Stored items:
= = = = =
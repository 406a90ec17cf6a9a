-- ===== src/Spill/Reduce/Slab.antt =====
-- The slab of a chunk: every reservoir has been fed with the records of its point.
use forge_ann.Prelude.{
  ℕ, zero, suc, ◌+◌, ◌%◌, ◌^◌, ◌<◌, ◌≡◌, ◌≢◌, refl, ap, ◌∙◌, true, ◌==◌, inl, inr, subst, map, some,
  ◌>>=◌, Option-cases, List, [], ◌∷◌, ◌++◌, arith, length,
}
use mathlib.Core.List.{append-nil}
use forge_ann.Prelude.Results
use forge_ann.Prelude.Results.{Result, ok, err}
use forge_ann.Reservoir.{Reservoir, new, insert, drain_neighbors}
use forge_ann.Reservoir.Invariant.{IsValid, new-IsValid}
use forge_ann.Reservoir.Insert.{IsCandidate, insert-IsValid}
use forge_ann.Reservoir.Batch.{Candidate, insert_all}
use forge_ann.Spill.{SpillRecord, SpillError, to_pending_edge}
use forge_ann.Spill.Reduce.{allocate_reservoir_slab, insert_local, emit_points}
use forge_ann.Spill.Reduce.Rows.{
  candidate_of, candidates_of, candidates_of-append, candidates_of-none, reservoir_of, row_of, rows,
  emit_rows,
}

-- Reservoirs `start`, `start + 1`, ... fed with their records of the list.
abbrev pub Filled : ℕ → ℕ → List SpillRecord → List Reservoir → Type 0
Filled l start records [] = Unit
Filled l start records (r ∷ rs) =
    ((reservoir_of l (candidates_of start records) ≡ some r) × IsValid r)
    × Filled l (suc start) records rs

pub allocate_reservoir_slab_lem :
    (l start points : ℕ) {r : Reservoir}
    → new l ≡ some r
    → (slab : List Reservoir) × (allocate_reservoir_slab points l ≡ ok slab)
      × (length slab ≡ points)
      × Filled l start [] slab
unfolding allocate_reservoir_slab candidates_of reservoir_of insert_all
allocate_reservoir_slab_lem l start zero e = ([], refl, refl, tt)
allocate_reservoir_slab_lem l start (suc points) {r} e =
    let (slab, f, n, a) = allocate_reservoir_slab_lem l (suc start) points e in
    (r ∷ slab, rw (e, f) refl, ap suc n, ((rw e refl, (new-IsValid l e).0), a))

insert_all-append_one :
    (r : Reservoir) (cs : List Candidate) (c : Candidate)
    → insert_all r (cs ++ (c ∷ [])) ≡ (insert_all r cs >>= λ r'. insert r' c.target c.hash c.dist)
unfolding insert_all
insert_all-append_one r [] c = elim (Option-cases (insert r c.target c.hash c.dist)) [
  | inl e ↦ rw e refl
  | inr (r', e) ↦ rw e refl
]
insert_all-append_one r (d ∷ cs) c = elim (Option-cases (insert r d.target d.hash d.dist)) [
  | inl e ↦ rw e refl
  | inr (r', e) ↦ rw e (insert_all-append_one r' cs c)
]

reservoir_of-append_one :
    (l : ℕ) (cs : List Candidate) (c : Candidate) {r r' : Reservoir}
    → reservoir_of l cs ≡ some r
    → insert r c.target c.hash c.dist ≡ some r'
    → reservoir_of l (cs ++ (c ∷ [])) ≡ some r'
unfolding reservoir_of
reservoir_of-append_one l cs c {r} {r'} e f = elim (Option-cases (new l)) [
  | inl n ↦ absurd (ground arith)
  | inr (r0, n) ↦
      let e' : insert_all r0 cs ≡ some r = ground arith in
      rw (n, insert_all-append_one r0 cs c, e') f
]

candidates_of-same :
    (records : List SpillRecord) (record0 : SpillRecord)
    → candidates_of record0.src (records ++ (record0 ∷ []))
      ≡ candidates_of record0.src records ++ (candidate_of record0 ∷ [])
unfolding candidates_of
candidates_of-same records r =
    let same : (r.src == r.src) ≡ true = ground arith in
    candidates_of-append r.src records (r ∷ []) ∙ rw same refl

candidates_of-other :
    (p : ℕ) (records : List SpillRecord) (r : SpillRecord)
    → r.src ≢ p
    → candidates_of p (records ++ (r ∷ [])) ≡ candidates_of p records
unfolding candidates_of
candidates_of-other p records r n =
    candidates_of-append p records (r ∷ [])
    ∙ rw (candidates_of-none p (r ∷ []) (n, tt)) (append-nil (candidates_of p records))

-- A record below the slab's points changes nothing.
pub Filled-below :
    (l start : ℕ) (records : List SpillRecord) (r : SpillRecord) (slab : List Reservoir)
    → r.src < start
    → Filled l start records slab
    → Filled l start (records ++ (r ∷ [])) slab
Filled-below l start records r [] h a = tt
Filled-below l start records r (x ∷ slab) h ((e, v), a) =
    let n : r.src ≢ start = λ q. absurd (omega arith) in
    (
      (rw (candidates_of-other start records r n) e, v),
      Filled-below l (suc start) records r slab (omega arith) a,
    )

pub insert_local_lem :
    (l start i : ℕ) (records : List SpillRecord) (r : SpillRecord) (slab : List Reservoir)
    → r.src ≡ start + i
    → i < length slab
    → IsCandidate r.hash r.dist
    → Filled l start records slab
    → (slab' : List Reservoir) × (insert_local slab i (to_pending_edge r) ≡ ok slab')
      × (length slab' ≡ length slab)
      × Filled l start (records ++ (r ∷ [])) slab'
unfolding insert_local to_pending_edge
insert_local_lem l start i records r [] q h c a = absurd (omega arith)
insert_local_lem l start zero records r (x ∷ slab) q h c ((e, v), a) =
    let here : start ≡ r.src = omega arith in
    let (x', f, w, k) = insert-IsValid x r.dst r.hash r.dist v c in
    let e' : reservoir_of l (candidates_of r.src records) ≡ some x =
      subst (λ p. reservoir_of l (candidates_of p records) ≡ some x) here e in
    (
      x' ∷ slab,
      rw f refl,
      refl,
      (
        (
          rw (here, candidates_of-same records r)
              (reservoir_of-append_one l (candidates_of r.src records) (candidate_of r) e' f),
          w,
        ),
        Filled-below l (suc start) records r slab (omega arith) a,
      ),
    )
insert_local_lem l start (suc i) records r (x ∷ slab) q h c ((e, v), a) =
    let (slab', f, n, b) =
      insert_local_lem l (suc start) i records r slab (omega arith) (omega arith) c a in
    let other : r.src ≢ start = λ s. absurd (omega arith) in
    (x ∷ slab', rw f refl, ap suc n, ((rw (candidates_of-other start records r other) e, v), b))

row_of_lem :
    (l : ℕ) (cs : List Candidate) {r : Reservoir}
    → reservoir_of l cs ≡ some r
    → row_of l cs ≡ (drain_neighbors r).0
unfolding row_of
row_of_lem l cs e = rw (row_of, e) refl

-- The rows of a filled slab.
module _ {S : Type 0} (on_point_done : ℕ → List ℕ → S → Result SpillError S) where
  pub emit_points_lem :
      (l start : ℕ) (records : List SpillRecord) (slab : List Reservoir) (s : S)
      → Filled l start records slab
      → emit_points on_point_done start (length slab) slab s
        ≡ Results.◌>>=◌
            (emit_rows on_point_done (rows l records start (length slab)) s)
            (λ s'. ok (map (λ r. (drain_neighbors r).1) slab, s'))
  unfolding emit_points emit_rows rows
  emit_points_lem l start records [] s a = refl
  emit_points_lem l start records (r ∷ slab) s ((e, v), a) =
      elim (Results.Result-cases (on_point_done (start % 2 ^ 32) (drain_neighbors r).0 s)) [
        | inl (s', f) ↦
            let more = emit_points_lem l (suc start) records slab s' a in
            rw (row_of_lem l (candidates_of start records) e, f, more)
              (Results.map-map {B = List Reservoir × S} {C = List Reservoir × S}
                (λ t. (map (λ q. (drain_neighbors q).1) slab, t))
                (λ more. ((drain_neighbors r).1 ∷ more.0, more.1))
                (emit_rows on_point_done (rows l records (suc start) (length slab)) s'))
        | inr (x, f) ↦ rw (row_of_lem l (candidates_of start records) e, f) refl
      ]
= = = = =
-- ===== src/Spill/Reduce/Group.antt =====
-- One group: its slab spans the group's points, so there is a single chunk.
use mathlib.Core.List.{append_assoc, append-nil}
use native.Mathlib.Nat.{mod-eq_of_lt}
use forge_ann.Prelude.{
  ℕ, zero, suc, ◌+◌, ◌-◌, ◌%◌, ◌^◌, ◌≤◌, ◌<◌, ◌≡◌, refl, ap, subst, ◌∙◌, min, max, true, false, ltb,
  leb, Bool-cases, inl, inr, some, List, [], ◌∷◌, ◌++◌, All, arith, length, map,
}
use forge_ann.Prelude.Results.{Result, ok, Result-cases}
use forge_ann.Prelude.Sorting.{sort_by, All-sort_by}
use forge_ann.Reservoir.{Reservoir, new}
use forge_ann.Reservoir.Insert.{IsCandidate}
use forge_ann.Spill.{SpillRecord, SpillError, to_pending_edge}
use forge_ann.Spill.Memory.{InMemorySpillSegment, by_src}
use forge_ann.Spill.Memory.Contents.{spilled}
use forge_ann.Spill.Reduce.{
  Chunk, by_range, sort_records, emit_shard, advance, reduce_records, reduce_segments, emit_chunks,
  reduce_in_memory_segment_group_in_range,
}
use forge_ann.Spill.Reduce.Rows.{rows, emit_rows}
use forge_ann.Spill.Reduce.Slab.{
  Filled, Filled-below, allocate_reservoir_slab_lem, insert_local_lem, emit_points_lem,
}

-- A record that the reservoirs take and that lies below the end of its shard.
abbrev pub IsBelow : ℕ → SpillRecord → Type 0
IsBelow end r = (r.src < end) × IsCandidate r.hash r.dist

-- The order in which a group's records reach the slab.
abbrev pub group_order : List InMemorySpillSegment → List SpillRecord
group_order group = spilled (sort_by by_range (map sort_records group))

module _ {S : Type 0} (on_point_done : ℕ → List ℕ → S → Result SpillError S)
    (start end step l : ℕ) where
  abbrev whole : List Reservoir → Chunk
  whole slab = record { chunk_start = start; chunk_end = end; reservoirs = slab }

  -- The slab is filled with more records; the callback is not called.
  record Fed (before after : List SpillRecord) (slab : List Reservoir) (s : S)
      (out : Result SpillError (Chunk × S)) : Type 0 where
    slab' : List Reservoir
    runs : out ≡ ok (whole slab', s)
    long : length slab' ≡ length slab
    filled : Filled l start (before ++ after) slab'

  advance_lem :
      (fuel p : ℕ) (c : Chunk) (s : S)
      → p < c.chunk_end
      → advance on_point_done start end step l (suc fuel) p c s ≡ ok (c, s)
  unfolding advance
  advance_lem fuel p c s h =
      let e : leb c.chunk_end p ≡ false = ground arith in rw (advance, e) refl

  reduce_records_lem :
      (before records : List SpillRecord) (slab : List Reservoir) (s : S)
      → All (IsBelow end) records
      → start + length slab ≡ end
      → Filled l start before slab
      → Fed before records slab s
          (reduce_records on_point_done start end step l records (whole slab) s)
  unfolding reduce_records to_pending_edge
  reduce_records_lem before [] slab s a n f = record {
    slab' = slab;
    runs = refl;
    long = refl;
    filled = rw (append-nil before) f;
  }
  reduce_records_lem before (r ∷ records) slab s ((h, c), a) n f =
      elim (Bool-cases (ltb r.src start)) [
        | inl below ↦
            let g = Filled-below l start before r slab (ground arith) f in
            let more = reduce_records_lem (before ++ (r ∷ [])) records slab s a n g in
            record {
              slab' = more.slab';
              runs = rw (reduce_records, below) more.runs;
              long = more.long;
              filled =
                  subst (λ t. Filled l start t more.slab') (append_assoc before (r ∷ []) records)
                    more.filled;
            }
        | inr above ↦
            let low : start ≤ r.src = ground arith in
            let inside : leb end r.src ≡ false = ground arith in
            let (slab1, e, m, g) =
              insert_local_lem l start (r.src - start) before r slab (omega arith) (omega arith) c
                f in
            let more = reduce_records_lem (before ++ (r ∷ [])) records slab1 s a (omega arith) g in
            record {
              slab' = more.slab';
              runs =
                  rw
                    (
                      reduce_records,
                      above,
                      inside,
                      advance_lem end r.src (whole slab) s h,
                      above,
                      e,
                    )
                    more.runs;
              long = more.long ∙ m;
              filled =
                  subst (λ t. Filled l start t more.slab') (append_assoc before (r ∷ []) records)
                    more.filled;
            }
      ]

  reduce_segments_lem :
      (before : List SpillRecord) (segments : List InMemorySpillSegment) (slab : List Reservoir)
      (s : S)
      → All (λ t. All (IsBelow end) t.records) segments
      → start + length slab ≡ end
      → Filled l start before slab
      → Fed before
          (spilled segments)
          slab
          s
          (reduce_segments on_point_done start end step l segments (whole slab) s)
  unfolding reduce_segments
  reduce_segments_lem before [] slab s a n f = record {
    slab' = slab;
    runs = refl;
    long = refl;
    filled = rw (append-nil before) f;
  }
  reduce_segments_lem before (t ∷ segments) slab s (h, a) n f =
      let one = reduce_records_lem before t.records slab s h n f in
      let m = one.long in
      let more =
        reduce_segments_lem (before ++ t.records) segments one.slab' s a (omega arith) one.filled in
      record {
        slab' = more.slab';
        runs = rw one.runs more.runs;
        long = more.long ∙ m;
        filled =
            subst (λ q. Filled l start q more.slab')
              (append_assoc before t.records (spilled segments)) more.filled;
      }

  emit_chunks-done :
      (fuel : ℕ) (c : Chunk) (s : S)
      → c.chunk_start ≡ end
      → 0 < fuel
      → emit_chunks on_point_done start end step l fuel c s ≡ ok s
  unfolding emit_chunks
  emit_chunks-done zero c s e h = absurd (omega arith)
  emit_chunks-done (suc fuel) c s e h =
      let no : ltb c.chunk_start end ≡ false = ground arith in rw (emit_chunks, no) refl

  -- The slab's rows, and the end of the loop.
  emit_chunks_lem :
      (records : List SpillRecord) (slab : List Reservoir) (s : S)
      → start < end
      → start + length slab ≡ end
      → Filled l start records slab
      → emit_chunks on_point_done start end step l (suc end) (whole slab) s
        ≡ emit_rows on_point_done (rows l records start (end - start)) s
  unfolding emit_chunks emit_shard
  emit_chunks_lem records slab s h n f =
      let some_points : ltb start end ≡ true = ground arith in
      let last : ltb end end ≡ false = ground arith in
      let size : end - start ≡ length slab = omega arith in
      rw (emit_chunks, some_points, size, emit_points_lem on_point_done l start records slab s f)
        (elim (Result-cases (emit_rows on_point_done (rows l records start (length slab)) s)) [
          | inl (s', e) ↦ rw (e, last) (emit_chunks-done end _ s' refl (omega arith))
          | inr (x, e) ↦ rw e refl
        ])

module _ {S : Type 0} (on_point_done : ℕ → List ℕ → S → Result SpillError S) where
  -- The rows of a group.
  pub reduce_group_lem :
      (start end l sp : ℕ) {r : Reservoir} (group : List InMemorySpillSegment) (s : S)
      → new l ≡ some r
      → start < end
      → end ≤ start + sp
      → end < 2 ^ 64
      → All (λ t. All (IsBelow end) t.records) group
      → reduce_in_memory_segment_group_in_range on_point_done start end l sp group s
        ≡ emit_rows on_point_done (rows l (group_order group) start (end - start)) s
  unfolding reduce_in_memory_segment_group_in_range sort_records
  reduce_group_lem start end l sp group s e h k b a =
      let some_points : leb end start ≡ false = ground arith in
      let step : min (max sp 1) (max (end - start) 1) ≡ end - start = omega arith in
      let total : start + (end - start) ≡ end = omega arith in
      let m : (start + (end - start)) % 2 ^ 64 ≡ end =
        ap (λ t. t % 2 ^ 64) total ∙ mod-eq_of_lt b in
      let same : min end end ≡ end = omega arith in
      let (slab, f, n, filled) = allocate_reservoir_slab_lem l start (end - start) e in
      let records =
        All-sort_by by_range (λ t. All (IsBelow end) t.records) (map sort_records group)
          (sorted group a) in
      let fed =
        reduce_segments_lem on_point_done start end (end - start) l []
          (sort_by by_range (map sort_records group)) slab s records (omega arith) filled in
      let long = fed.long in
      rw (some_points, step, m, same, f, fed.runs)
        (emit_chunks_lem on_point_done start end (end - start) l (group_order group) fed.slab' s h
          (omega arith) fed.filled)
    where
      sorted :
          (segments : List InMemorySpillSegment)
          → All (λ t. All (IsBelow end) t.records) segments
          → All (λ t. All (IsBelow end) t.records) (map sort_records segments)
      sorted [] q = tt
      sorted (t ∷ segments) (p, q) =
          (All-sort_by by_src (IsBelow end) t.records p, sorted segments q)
= = = = =
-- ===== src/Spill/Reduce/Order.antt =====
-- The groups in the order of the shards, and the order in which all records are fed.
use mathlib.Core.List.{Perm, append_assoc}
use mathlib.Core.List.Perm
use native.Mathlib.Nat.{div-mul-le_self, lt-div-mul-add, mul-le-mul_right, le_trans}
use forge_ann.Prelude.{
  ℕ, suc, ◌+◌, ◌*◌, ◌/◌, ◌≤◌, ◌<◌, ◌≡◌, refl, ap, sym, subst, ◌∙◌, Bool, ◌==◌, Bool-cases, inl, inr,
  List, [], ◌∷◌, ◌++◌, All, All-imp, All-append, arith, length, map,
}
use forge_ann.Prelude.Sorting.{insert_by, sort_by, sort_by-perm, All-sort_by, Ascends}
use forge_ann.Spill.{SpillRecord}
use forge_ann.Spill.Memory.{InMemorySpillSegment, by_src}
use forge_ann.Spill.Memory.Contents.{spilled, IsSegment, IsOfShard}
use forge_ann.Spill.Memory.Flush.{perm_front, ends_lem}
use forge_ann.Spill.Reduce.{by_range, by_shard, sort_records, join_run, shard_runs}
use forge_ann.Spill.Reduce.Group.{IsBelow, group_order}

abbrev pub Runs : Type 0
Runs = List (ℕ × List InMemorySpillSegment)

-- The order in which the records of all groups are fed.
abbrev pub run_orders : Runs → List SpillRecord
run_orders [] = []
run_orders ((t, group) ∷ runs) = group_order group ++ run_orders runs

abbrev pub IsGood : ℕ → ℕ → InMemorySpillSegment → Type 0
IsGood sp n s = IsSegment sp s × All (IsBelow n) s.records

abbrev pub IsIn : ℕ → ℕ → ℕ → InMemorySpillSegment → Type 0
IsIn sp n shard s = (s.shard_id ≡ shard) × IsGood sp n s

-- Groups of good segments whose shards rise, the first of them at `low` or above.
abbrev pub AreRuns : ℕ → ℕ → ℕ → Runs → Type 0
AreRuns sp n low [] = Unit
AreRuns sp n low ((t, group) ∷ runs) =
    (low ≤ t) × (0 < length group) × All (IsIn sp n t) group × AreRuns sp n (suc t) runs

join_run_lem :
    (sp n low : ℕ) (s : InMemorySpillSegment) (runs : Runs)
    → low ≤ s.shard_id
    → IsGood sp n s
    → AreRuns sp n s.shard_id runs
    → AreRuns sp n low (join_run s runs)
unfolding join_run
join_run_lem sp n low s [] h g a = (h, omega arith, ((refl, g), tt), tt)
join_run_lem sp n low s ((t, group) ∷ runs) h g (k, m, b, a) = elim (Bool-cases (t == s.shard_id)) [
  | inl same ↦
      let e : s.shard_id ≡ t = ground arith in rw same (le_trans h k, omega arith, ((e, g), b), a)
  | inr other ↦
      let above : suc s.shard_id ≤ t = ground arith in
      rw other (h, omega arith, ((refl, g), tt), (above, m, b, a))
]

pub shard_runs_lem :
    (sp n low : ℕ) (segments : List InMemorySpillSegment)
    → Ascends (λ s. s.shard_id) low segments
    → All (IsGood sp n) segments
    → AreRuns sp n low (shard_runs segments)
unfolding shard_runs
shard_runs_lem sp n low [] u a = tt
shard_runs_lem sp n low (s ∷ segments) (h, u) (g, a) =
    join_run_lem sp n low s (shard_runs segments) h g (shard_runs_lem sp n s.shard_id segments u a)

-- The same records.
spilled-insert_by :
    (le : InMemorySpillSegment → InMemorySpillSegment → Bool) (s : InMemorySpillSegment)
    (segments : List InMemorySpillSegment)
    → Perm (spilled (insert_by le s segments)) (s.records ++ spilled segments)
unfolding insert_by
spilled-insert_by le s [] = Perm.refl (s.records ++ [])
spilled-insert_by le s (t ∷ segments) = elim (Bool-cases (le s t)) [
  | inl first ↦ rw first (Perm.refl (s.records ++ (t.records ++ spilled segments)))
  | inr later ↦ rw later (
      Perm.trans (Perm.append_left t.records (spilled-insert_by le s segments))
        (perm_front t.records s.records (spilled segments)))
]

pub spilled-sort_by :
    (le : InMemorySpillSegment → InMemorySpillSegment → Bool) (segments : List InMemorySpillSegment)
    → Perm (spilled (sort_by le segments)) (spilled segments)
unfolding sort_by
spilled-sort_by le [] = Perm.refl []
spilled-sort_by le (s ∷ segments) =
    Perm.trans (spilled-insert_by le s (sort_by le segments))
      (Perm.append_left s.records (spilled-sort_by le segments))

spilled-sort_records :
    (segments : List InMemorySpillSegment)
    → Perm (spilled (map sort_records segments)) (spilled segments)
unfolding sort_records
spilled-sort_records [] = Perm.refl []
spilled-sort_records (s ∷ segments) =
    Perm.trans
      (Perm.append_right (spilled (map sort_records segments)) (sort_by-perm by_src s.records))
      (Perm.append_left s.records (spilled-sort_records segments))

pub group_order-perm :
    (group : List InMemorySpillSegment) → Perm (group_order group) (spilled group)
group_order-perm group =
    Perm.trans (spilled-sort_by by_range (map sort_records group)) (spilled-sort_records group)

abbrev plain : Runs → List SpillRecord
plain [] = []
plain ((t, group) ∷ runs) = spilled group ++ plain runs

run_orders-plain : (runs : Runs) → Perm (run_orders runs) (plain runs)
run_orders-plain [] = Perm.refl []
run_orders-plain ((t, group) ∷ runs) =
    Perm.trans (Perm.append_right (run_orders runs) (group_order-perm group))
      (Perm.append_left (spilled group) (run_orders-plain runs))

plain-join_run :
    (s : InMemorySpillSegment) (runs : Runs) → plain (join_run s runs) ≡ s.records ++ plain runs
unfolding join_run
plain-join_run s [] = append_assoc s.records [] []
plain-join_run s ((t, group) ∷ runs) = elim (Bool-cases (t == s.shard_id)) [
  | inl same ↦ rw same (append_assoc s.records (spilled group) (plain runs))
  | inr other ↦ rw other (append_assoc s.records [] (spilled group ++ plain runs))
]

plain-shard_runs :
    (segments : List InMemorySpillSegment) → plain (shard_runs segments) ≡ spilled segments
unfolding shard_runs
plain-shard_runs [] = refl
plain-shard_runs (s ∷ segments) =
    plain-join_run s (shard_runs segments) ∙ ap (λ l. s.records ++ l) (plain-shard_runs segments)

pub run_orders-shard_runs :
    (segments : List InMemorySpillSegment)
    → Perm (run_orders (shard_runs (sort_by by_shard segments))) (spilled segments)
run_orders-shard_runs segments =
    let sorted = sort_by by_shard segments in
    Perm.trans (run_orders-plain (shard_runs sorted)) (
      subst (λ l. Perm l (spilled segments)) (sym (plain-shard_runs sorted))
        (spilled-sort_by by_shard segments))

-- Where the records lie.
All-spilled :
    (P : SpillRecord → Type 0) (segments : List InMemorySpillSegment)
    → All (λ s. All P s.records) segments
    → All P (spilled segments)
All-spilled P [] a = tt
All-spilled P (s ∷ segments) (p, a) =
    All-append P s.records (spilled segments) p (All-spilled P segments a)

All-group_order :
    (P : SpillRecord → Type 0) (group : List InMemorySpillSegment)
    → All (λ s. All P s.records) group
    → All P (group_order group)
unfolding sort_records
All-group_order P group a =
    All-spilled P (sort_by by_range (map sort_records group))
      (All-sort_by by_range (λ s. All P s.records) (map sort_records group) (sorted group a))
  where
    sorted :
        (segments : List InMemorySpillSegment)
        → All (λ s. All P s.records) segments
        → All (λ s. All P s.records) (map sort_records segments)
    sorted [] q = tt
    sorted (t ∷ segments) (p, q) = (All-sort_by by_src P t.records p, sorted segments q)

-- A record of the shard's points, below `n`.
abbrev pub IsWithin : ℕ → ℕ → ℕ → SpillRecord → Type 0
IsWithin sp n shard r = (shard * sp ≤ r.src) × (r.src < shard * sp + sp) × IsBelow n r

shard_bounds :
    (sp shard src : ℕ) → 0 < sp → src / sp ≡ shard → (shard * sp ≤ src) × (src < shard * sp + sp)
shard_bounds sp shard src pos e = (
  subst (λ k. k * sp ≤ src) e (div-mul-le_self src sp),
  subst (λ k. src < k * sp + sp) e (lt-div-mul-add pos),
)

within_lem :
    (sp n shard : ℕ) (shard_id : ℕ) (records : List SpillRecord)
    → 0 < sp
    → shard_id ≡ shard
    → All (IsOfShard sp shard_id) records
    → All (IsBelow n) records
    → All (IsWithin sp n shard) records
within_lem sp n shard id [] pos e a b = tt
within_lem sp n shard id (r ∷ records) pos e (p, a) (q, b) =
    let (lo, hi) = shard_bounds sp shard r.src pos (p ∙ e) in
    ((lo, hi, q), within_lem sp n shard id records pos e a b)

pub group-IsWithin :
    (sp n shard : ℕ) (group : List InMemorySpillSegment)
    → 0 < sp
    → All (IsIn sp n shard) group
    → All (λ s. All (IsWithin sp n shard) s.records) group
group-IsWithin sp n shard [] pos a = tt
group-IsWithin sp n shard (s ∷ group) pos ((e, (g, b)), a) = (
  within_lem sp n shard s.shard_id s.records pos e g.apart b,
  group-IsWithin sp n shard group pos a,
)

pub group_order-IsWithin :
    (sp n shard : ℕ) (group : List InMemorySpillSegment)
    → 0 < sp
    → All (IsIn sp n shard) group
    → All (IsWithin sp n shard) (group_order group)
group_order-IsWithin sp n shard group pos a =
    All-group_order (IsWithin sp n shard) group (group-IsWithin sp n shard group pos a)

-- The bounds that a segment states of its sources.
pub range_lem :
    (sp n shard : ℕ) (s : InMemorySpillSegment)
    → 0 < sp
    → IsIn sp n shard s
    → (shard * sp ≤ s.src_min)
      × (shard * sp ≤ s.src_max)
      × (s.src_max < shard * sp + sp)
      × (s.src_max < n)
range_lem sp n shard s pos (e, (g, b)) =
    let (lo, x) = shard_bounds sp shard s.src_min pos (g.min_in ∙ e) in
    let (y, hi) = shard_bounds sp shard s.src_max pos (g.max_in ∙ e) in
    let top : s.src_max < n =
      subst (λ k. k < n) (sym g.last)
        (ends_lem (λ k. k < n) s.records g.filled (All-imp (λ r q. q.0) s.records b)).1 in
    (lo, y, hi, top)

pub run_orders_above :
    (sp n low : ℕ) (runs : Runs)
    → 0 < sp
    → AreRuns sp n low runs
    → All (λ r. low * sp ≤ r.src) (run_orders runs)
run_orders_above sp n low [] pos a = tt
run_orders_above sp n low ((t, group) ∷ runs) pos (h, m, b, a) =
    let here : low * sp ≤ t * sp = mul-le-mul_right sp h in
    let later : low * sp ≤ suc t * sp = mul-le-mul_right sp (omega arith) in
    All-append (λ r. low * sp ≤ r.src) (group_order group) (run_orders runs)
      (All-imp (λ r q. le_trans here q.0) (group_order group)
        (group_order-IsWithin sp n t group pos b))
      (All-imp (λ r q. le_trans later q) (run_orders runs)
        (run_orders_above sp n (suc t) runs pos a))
= = = = =
Task brief: What you give back should be only the lines of the records above, starting at the line with "le segments)) (spilled segments)" and ending at the line with "(Perm.append_right (spilled (map", restated word for word.

Answer space:
    → Perm (spilled (sort_by le segments)) (spilled segments)
unfolding sort_by
spilled-sort_by le [] = Perm.refl []
spilled-sort_by le (s ∷ segments) =
    Perm.trans (spilled-insert_by le s (sort_by le segments))
      (Perm.append_left s.records (spilled-sort_by le segments))

spilled-sort_records :
    (segments : List InMemorySpillSegment)
    → Perm (spilled (map sort_records segments)) (spilled segments)
unfolding sort_records
spilled-sort_records [] = Perm.refl []
spilled-sort_records (s ∷ segments) =
    Perm.trans
      (Perm.append_right (spilled (map sort_records segments)) (sort_by-perm by_src s.records))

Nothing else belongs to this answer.